Work item:
Only certain lines below are wanted: those starting at the line containing "filename src/Receiver.antt" and ending at the line containing "abbrev pub note_syn", both included, each retyped exactly.

-------------------------

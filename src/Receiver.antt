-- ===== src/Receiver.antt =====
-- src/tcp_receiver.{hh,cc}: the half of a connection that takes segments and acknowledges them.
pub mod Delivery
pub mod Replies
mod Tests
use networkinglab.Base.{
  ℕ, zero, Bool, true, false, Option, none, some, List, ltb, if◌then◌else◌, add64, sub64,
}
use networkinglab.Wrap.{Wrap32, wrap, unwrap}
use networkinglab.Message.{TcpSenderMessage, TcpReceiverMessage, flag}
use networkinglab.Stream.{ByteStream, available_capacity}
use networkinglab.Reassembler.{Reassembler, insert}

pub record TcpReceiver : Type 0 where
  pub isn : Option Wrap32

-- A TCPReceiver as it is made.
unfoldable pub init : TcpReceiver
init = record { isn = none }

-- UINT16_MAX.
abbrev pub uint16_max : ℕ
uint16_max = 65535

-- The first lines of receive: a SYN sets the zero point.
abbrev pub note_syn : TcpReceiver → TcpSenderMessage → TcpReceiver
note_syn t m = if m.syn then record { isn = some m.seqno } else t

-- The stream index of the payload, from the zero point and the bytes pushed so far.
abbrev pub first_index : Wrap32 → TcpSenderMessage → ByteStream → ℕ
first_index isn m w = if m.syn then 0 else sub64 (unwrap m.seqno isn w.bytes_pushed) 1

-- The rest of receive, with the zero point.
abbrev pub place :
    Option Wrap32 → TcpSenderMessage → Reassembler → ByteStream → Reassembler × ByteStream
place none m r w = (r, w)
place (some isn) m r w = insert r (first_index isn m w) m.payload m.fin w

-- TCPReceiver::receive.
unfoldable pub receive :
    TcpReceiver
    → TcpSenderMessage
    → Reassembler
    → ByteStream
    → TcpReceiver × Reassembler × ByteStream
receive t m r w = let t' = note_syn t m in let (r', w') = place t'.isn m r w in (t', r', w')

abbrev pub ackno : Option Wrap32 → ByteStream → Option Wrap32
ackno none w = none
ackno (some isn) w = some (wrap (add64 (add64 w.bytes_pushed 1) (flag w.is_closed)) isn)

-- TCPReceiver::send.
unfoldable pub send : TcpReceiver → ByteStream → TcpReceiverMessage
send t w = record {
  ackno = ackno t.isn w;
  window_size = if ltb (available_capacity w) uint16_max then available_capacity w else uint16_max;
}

-------------------------

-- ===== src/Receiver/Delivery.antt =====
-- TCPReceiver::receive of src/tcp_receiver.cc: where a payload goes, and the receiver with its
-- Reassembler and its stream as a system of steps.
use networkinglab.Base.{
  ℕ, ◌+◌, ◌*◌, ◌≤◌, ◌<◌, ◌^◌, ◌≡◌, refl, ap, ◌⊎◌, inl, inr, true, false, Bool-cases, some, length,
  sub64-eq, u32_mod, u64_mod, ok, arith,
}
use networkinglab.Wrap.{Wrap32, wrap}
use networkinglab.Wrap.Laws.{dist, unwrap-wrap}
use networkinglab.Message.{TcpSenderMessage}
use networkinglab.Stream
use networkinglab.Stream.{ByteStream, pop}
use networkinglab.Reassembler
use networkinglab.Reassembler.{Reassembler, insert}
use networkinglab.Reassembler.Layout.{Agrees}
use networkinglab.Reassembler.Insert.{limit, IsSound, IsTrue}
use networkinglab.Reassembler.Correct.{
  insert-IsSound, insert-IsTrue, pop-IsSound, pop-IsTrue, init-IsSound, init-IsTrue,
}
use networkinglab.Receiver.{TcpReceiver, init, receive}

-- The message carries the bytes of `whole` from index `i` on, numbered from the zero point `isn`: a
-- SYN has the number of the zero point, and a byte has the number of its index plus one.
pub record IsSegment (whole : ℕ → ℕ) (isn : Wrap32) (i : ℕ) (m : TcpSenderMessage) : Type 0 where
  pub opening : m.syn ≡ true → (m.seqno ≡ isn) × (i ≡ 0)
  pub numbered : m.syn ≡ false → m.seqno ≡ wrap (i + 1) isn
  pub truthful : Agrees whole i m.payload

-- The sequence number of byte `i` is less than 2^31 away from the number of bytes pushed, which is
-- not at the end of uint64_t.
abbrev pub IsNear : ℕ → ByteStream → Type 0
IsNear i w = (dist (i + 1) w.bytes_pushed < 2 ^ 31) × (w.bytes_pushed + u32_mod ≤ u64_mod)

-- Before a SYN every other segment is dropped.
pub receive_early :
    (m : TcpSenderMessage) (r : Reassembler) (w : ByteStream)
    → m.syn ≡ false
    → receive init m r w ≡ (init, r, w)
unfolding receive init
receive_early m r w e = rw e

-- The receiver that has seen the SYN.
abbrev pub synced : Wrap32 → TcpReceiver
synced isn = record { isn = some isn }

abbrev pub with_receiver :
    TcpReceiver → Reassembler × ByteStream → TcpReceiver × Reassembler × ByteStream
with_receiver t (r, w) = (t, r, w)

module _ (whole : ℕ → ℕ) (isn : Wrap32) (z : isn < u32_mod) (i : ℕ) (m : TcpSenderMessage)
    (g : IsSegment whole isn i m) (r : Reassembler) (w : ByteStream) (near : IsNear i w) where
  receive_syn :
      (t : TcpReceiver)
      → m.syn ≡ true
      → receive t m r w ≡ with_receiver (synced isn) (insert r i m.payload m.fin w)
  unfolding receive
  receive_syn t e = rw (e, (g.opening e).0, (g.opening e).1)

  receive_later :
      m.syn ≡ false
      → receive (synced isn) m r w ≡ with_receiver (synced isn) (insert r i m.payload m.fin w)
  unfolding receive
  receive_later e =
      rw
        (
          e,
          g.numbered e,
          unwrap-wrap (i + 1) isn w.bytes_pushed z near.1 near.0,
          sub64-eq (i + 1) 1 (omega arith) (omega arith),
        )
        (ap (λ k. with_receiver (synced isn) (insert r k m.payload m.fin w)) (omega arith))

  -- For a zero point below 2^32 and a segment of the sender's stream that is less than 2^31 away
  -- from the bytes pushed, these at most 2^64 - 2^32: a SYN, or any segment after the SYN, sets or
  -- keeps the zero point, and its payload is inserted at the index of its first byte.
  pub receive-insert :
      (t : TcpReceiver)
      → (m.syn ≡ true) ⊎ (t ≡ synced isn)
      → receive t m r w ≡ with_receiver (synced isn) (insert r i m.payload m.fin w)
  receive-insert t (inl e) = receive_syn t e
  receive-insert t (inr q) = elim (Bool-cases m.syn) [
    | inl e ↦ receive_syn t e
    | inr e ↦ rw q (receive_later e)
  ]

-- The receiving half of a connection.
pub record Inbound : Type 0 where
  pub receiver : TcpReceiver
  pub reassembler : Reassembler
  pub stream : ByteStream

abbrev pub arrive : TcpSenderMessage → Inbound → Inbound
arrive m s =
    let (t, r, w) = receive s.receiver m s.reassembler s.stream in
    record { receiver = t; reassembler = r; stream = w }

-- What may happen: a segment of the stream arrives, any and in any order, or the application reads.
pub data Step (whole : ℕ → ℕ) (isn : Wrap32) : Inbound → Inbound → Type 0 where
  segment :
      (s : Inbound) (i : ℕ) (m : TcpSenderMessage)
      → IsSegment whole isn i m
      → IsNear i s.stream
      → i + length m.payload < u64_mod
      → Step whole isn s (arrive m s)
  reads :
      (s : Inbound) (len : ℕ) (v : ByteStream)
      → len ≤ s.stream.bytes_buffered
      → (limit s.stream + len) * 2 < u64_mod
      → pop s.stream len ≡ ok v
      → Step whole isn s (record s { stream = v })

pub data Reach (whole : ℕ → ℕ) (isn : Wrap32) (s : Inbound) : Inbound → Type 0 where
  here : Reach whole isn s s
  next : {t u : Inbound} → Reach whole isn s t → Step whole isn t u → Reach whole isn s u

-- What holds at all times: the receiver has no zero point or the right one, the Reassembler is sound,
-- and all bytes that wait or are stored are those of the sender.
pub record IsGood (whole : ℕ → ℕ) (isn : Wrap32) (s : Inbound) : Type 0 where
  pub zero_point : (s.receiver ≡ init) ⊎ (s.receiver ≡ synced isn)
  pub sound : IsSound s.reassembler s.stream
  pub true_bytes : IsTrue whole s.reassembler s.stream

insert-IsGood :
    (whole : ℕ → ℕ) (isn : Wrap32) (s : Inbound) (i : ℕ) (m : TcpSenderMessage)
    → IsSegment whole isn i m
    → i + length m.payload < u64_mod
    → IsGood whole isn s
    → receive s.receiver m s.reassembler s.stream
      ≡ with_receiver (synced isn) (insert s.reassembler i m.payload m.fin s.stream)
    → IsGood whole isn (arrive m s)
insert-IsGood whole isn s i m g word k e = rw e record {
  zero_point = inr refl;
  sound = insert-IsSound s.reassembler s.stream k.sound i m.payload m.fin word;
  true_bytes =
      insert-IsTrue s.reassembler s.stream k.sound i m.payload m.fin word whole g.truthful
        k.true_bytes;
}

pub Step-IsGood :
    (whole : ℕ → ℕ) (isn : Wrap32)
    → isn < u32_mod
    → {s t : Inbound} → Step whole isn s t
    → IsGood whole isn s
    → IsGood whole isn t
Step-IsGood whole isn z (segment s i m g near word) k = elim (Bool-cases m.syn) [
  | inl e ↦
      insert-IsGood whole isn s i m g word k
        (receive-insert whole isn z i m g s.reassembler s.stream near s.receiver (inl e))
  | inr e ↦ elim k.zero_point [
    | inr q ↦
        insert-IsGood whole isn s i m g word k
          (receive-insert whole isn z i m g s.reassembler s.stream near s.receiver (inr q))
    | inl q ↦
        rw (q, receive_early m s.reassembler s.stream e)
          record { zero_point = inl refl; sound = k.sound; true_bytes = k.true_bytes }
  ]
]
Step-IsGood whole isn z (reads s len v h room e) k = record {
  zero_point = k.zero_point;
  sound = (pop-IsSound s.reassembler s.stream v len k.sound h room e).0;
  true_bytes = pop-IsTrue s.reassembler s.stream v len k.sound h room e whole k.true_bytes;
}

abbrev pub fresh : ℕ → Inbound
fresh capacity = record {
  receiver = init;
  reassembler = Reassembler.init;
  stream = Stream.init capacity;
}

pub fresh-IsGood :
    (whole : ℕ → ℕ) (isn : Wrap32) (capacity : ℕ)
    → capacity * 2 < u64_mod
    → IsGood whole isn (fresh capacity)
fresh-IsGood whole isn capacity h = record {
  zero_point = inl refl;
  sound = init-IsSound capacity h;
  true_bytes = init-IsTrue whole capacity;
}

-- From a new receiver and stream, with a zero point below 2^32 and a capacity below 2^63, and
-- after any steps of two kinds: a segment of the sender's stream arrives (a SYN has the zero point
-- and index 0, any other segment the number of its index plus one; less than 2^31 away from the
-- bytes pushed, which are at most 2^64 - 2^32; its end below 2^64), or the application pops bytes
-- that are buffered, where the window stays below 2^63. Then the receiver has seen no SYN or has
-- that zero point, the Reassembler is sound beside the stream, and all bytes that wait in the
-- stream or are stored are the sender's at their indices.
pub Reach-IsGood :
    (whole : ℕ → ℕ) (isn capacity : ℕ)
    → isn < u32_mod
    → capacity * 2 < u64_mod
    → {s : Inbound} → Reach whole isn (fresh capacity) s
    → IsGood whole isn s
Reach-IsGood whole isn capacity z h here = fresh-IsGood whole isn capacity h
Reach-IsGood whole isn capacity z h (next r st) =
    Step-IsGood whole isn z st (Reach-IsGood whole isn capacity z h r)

-------------------------

Reply:
filename src/Receiver.antt
-- ===== src/Receiver.antt =====
-- src/tcp_receiver.{hh,cc}: the half of a connection that takes segments and acknowledges them.
pub mod Delivery
pub mod Replies
mod Tests
use networkinglab.Base.{
  ℕ, zero, Bool, true, false, Option, none, some, List, ltb, if◌then◌else◌, add64, sub64,
}
use networkinglab.Wrap.{Wrap32, wrap, unwrap}
use networkinglab.Message.{TcpSenderMessage, TcpReceiverMessage, flag}
use networkinglab.Stream.{ByteStream, available_capacity}
use networkinglab.Reassembler.{Reassembler, insert}

pub record TcpReceiver : Type 0 where
  pub isn : Option Wrap32

-- A TCPReceiver as it is made.
unfoldable pub init : TcpReceiver
init = record { isn = none }

-- UINT16_MAX.
abbrev pub uint16_max : ℕ
uint16_max = 65535

-- The first lines of receive: a SYN sets the zero point.
abbrev pub note_syn : TcpReceiver → TcpSenderMessage → TcpReceiver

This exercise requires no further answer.